Oh yes. I understand entirely. I suppose the fact that A works normal hours and days keeps me in check a bit, but nevertheless it can be abig issue.

Of course, my (hopefully remitted) propensity for dissociative amnesiac episodes has been known to complicate matters even further!

That said though, I do think it happens to normals too. For example, there’s some science behind the old adage that “time flies when you’re having fun.”

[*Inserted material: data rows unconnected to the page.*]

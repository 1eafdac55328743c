-- ===== src/Exports.antt =====
-- Export jobs: adapters/src/v2_repo.rs (enqueue, claim, status update, heartbeat) over the table
-- export_jobs, whose row type is in core/src/v2.rs and whose CHECK is in the migrations. NOW() and
-- `Utc::now()` are numbers of seconds that the caller gives, and a JSON column is the text of its
-- document. The claim is one transaction that holds its row's lock, so it is one step.
pub mod Claims
pub mod Lifecycle
mod Samples
use mathlib.Core.Option
use spectraplex.Base.{
  ℕ, ◌+◌, ◌*◌, ℤ, String, Bool, true, false, ◌&&◌, ◌||◌, not, Option, none, some, List, [], ◌∷◌,
  ◌++◌, ltb, ◌==◌, if◌then◌else◌, str_eq, or_else, select, any, find?, update, update_where,
  first_by,
}
use spectraplex.Dataset.{DatasetName}

pub data ExportJobStatus : Type 0 where
  pending running delivering completed failed : ExportJobStatus

pub data ExportFormat : Type 0 where
  jsonl csv : ExportFormat

pub record ExportJob : Type 0 where
  pub id : ℕ
  pub dataset : DatasetName
  pub format : ExportFormat
  pub filters : Option String
  pub sink_config : Option String
  pub status : ExportJobStatus
  pub worker_id : Option String
  pub record_count : Option ℤ
  pub result_location : Option String
  pub delivery_destination : Option String
  pub error_message : Option String
  pub dataset_version_id : Option ℕ
  pub dataset_version : Option ℤ
  pub completeness_status : Option String
  pub completeness_coverage : Option String
  pub last_ingestion_run_id : Option ℕ
  pub created_at : ℕ
  pub updated_at : ℕ
  pub started_at : Option ℕ
  pub completed_at : Option ℕ
  pub heartbeat_at : Option ℕ
  pub owner_id : Option ℕ

abbrev pub Table : Type 0
Table = List ExportJob

-- STALE_JOB_THRESHOLD_MINUTES, in seconds.
abbrev pub stale_job_threshold : ℕ
stale_job_threshold = 5 * 60

abbrev pub has_id : ℕ → ExportJob → Bool
has_id i j = j.id == i

abbrev pub is_pending : ExportJobStatus → Bool
is_pending pending = true
is_pending _ = false

abbrev pub in_progress : ExportJobStatus → Bool
in_progress running = true
in_progress delivering = true
in_progress _ = false

abbrev pub is_terminal : ExportJobStatus → Bool
is_terminal completed = true
is_terminal failed = true
is_terminal _ = false

-- `heartbeat_at IS NULL OR heartbeat_at < NOW() - make_interval(mins => 5)`
abbrev pub stale : ℕ → Option ℕ → Bool
stale now none = true
stale now (some h) = ltb (h + stale_job_threshold) now

abbrev pub owner_is : String → Option String → Bool
owner_is worker none = false
owner_is worker (some o) = str_eq o worker

abbrev pub new_job :
    ℕ → ℕ → DatasetName → ExportFormat → Option String → Option String → Option ℕ → ExportJob
new_job id now dataset format filters sink_config owner_id = record {
  id = id;
  dataset = dataset;
  format = format;
  filters = filters;
  sink_config = sink_config;
  status = pending;
  worker_id = none;
  record_count = none;
  result_location = none;
  delivery_destination = none;
  error_message = none;
  dataset_version_id = none;
  dataset_version = none;
  completeness_status = none;
  completeness_coverage = none;
  last_ingestion_run_id = none;
  created_at = now;
  updated_at = now;
  started_at = none;
  completed_at = none;
  heartbeat_at = none;
  owner_id = owner_id;
}

-- `none` is the refusal of a duplicate id by the primary key.
pub enqueue_export_job :
    ℕ
    → ℕ
    → DatasetName
    → ExportFormat
    → Option String
    → Option String
    → Option ℕ
    → Table
    → Option ExportJob × Table
enqueue_export_job id now dataset format filters sink_config owner_id t =
    let fresh = new_job id now dataset format filters sink_config owner_id in
    if any (has_id id) t then (none, t) else (some fresh, t ++ fresh ∷ [])

pub claimable : ℕ → ExportJob → Bool
claimable now j = is_pending j.status || (in_progress j.status && stale now j.heartbeat_at)

-- ORDER BY created_at ASC.
abbrev pub created_before : ExportJob → ExportJob → Bool
created_before a b = ltb a.created_at b.created_at

-- FOR UPDATE SKIP LOCKED: rows that another transaction holds are passed over.
pub candidates : (ℕ → Bool) → ℕ → Table → Table
unfolding claimable
candidates locked now t = select (λ j. not (locked j.id) && claimable now j) t

pub oldest : Table → Option ExportJob
oldest = first_by created_before

abbrev pub taken : String → ℕ → ExportJob → ExportJob
taken worker now j = record j {
  status = running;
  worker_id = some worker;
  started_at = or_else j.started_at (some now);
  heartbeat_at = some now;
  updated_at = now;
}

pub claim_export_job : (ℕ → Bool) → ℕ → String → Table → Option ExportJob × Table
unfolding candidates oldest
claim_export_job locked now worker t = elim (oldest (candidates locked now t)) [
  | none ↦ (none, t)
  | some j ↦ let t' = update (has_id j.id) (taken worker now) t in (find? (has_id j.id) t', t')
]

-- The arguments of update_export_job_status besides the job and its worker.
pub record ExportUpdate : Type 0 where
  pub status : String
  pub record_count : Option ℤ
  pub result_location : Option String
  pub error_message : Option String
  pub delivery_destination : Option String
  pub dataset_version_id : Option ℕ
  pub dataset_version : Option ℤ
  pub completeness_status : Option String
  pub completeness_coverage : Option String
  pub last_ingestion_run_id : Option ℕ

-- The texts that the table's CHECK lets a status have.
pub check_status : String → Option ExportJobStatus
check_status s =
    if str_eq s "pending"
    then some pending
    else if str_eq s "running"
    then some running
    else if str_eq s "delivering"
    then some delivering
    else if str_eq s "completed"
    then some completed
    else if str_eq s "failed"
    then some failed
    else none

abbrev pub completion : String → ℕ → Option ℕ
completion status clock =
    if str_eq status "completed" || str_eq status "failed" then some clock else none

abbrev pub updated : ExportJobStatus → ExportUpdate → ℕ → ℕ → ExportJob → ExportJob
updated status u clock now j = record j {
  status = status;
  record_count = or_else u.record_count j.record_count;
  result_location = or_else u.result_location j.result_location;
  error_message = or_else u.error_message j.error_message;
  completed_at = or_else (completion u.status clock) j.completed_at;
  delivery_destination = or_else u.delivery_destination j.delivery_destination;
  dataset_version_id = or_else u.dataset_version_id j.dataset_version_id;
  dataset_version = or_else u.dataset_version j.dataset_version;
  completeness_status = or_else u.completeness_status j.completeness_status;
  completeness_coverage = or_else u.completeness_coverage j.completeness_coverage;
  last_ingestion_run_id = or_else u.last_ingestion_run_id j.last_ingestion_run_id;
  updated_at = now;
}

-- `id = $1 AND worker_id = $2 AND status IN ('running', 'delivering')`
abbrev pub held_by : ℕ → String → ExportJob → Bool
held_by i worker j = has_id i j && owner_is worker j.worker_id && in_progress j.status

-- `none` is the error of the CHECK, which is tested only on a row that is written.
pub update_export_job_status : ℕ → ExportUpdate → String → ℕ → ℕ → Table → Option Bool × Table
unfolding check_status
update_export_job_status i u worker clock now t = elim (check_status u.status) [
  | none ↦ if any (held_by i worker) t then (none, t) else (some false, t)
  | some status ↦
      (some (any (held_by i worker) t), update (held_by i worker) (updated status u clock now) t)
]

abbrev pub beaten : ℕ → ExportJob → ExportJob
beaten now j = record j { heartbeat_at = some now; updated_at = now }

pub heartbeat_export_job : ℕ → String → ℕ → Table → Bool × Table
heartbeat_export_job i worker now = update_where (held_by i worker) (beaten now)

pub get_export_job : ℕ → Table → Option ExportJob
get_export_job i = find? (has_id i)

pub data Statement : Type 0 where
  enqueue :
      (id now : ℕ)
      → DatasetName
      → ExportFormat
      → Option String
      → Option String
      → Option ℕ
      → Statement
  claim : (locked : ℕ → Bool) (now : ℕ) (worker : String) → Statement
  set_status : (i : ℕ) → ExportUpdate → (worker : String) (clock now : ℕ) → Statement
  heartbeat : (i : ℕ) (worker : String) (now : ℕ) → Statement

pub exec : Statement → Table → Table
unfolding enqueue_export_job claim_export_job update_export_job_status heartbeat_export_job
exec (enqueue id now dataset format filters sink_config owner_id) t =
    (enqueue_export_job id now dataset format filters sink_config owner_id t).1
exec (claim locked now worker) t = (claim_export_job locked now worker t).1
exec (set_status i u worker clock now) t = (update_export_job_status i u worker clock now t).1
exec (heartbeat i worker now) t = (heartbeat_export_job i worker now t).1

pub run : List Statement → Table → Table
run [] t = t
run (s ∷ ss) t = run ss (exec s t)
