-- ===== src/Exports/Claims.antt =====
-- Which export job a claim takes, and who may move it afterwards.
use spectraplex.Base.{
  ℕ, ◌≤◌, String, Bool, true, false, ◌&&◌, not, ◌≡◌, refl, ◌∙◌, Option, some, List, [], ◌∷◌, arith,
  inl, inr, ==_refl, str_eq, Bool-cases, Option-cases, any, count, find?, find?-update,
  find?_unique, find?_sound, update, In, select-In, In-select, any-update_clear, any-update-false,
  any-append, update_none, update_where_none, first_by-In, first_by-ne-none, first_by-least,
}
use spectraplex.Dataset.{DatasetName}
use spectraplex.Exports.{
  ExportJob, ExportFormat, ExportUpdate, Table, has_id, claimable, candidates, oldest,
  created_before, held_by, taken, updated, beaten, new_job, claim_export_job,
  update_export_job_status, check_status, heartbeat_export_job, enqueue_export_job, Statement,
  enqueue, claim, set_status, heartbeat, exec, run,
}

pub candidates-In :
    (locked : ℕ → Bool) (now : ℕ) (t : Table) {j : ExportJob}
    → oldest (candidates locked now t) ≡ some j
    → In j t × (locked j.id ≡ false) × (claimable now j ≡ true)
unfolding candidates oldest
candidates-In locked now t {j} h =
    let (m, e) =
      select-In (λ j. not (locked j.id) && claimable now j) t (first_by-In created_before _ h) in
    (m, ground (arith, e), ground (arith, e))

candidates-intro :
    (locked : ℕ → Bool) (now : ℕ) (t : Table) {r : ExportJob}
    → In r t
    → locked r.id ≡ false
    → claimable now r ≡ true
    → In r (candidates locked now t)
unfolding candidates
candidates-intro locked now t m l c = In-select _ m (ground (arith, l, c))

claimed_row :
    (now : ℕ) (worker : String) (t : Table) {k : ExportJob}
    → count (has_id k.id) t ≤ 1
    → In k t
    → find? (has_id k.id) (update (has_id k.id) (taken worker now) t) ≡ some (taken worker now k)
claimed_row now worker t {k} c m =
    find?-update (has_id k.id) (has_id k.id) (taken worker now) (λ x. refl) t
    ∙ rw (find?_unique (has_id k.id) m (==_refl k.id) c) (rw (==_refl k.id))

-- With unique ids: if some job is unlocked and claimable, a claim returns one, marked as taken by
-- the worker; it was unlocked and claimable, and no other such job was created before it.
export_claim_takes_oldest :
    (locked : ℕ → Bool) (now : ℕ) (worker : String) (t : Table) {r : ExportJob}
    → ((i : ℕ) → count (has_id i) t ≤ 1)
    → In r t
    → locked r.id ≡ false
    → claimable now r ≡ true
    → (k : ExportJob) × ((claim_export_job locked now worker t).0 ≡ some (taken worker now k))
      × In k t
      × (locked k.id ≡ false)
      × (claimable now k ≡ true)
      × ((s : ExportJob)
          → In s t
          → locked s.id ≡ false
          → claimable now s ≡ true
          → created_before s k ≡ false)
unfolding claim_export_job oldest
export_claim_takes_oldest locked now worker t c mr lr cr =
    elim (Option-cases (oldest (candidates locked now t))) [
      | inl e ↦
          absurd (first_by-ne-none created_before _ (candidates-intro locked now t mr lr cr) e)
      | inr (k, e) ↦
          let (m, l, free) = candidates-In locked now t e in
          (
            k,
            rw (e, claim_export_job) (claimed_row now worker t (c k.id) m),
            m,
            l,
            free,
            λ s ms ls cs.
                first_by-least created_before (λ a. ground arith) (λ a b c h g. ground arith) _
                  (candidates-intro locked now t ms ls cs) e,
          )
    ]

-- No claim by `w`.
abbrev pub claims_by : String → Statement → Bool
claims_by w (claim locked now worker) = str_eq worker w
claims_by w _ = false

claim-disowns :
    (j : ℕ) (w : String) (locked : ℕ → Bool) (now : ℕ) (worker : String) (t : Table)
    → str_eq worker w ≡ false
    → any (held_by j w) t ≡ false
    → any (held_by j w) (claim_export_job locked now worker t).1 ≡ false
unfolding claim_export_job
claim-disowns j w locked now worker t n h = elim (Option-cases (oldest (candidates locked now t))) [
  | inl e ↦ rw (e, claim_export_job) h
  | inr (k, e) ↦
      rw (e, claim_export_job)
        (any-update-false (held_by j w) (has_id k.id) (taken worker now)
          (λ x _ g. ground (arith, n)) t h)
]

status-disowns :
    (j : ℕ) (w : String) (i : ℕ) (u : ExportUpdate) (worker : String) (clock now : ℕ) (t : Table)
    → any (held_by j w) t ≡ false
    → any (held_by j w) (update_export_job_status i u worker clock now t).1 ≡ false
unfolding update_export_job_status
status-disowns j w i u worker clock now t h = elim (Option-cases (check_status u.status)) [
  | inl e ↦ elim (Bool-cases (any (held_by i worker) t)) [
    | inl g ↦ rw (e, update_export_job_status) (rw g h)
    | inr g ↦ rw (e, update_export_job_status) (rw g h)
  ]
  | inr (s, e) ↦
      rw (e, update_export_job_status)
        (any-update-false (held_by j w) (held_by i worker) (updated s u clock now)
          (λ x g e. ground arith) t h)
]

enqueue-disowns :
    (j : ℕ) (w : String) (id now : ℕ) (dataset : DatasetName) (format : ExportFormat)
    (filters config : Option String) (owner : Option ℕ) (t : Table)
    → any (held_by j w) t ≡ false
    → any (held_by j w) (enqueue_export_job id now dataset format filters config owner t).1 ≡ false
unfolding enqueue_export_job
enqueue-disowns j w id now dataset format filters config owner t h =
    let add =
      any-append (held_by j w) t (new_job id now dataset format filters config owner ∷ []) in
    elim (Bool-cases (any (has_id id) t)) [ inl d ↦ rw d h | inr d ↦ rw d (ground (arith, add)) ]

exec-disowns :
    (j : ℕ) (w : String) (s : Statement) (t : Table)
    → claims_by w s ≡ false
    → any (held_by j w) t ≡ false
    → any (held_by j w) (exec s t) ≡ false
unfolding exec heartbeat_export_job
exec-disowns j w (enqueue id now dataset format filters config owner) t n h =
    enqueue-disowns j w id now dataset format filters config owner t h
exec-disowns j w (claim locked now worker) t n h = claim-disowns j w locked now worker t n h
exec-disowns j w (set_status i u worker clock now) t n h =
    status-disowns j w i u worker clock now t h
exec-disowns j w (heartbeat i worker now) t n h =
    any-update-false (held_by j w) (held_by i worker) (beaten now) (λ x _ e. e) t h

run-disowns :
    (j : ℕ) (w : String) (ss : List Statement) (t : Table)
    → any (claims_by w) ss ≡ false
    → any (held_by j w) t ≡ false
    → any (held_by j w) (run ss t) ≡ false
unfolding run
run-disowns j w [] t n h = h
run-disowns j w (s ∷ ss) t n h =
    run-disowns j w ss (exec s t) (ground arith) (exec-disowns j w s t (ground arith) h)

not_held_status :
    (i : ℕ) (u : ExportUpdate) (worker : String) (clock now : ℕ) (t : Table)
    → any (held_by i worker) t ≡ false
    → update_export_job_status i u worker clock now t ≡ (some false, t)
unfolding update_export_job_status
not_held_status i u worker clock now t h = elim (Option-cases (check_status u.status)) [
  | inl e ↦ rw (e, update_export_job_status) (rw h)
  | inr (s, e) ↦
      rw (e, update_export_job_status)
        (rw (h, update_none (held_by i worker) (updated s u clock now) t h))
]

after_claim :
    (locked : ℕ → Bool) (now : ℕ) (v w : String) (t : Table) {j : ExportJob}
    → (claim_export_job locked now v t).0 ≡ some j
    → str_eq v w ≡ false
    → any (held_by j.id w) (claim_export_job locked now v t).1 ≡ false
unfolding claim_export_job
after_claim locked now v w t {j} h n = elim (Option-cases (oldest (candidates locked now t))) [
  | inl e ↦ absurd (cc (rw (e, claim_export_job) at h))
  | inr (k, e) ↦
      let t' = update (has_id k.id) (taken v now) t in
      let f : find? (has_id k.id) t' ≡ some j = rw (e, claim_export_job) at h in
      let same : j.id ≡ k.id = ground (arith, find?_sound (has_id k.id) t' f) in
      rw (e, claim_export_job)
        (any-update_clear (held_by j.id w) (has_id k.id) (taken v now) (λ x g. ground (arith, same))
          (λ x. ground (arith, n)) t)
]

-- Once another worker has claimed an export job, the earlier worker's status updates, whatever they
-- carry, and its heartbeats return false and change nothing, whatever runs in between, until the
-- worker makes a claim.
pub reclaimed_export_fenced :
    (locked : ℕ → Bool) (now clock later : ℕ) (v w : String) (u : ExportUpdate) (t : Table)
    (ss : List Statement) {j : ExportJob}
    → (claim_export_job locked now v t).0 ≡ some j
    → str_eq v w ≡ false
    → any (claims_by w) ss ≡ false
    → let after = run ss (claim_export_job locked now v t).1 in
      (update_export_job_status j.id u w clock later after ≡ (some false, after))
      × (heartbeat_export_job j.id w later after ≡ (false, after))
unfolding heartbeat_export_job
reclaimed_export_fenced locked now clock later v w u t ss {j} h n q =
    let start = (claim_export_job locked now v t).1 in
    let lost = run-disowns j.id w ss start q (after_claim locked now v w t h n) in
    (
      not_held_status j.id u w clock later (run ss start) lost,
      update_where_none (held_by j.id w) (beaten later) (run ss start) lost,
    )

Still, if I had to guess, I’d say that it’s more common among mentals…but I suppose that could be explained by the fact that many of us can’t work, and therefore lack a normal’s usual sense of routine. An entirely speculative hypothesis, though.

29 07 2011
theurbanworrier

absolutely. whitecoats will cite it as evidence of your psychopathology (“when asked to recall the events leading to her OD, she could not do so”), but as others have said, there are normal people who experience time differently.
There are lots of different types of memory, and consequently individuals can end up with dominance in the way they experience report different versions of non-chronological experiences of ‘time’. it’s been quite cheering recently to discover that what the whitecoats have been saying about me is just a feature of my INTJ personality type, ie, it’s a natural feature. OK, I am mental now, so the normalness of my personality has been squeezed & distorted, and eg, the *way* i build & use memory hasn’t changed but my ability to have an effective memory which means I don’t lose all this time/experiences, certainly has.

29 07 2011
Zoe Smith

I tweet 200 times a day so that I can go back over my tweets and see what I was doing, where and when. I have no sense of time at all and live in a state of constant bewilderment. I only remember what I’ve written down (hence all the tweeting and the comprehensive diaries).

I don’t really remember anything- but I can remember or at least look back over the tweets so I feel like I have some sort of record. It’s weird but it works- I have finally found a tool that helps me keep track of myself.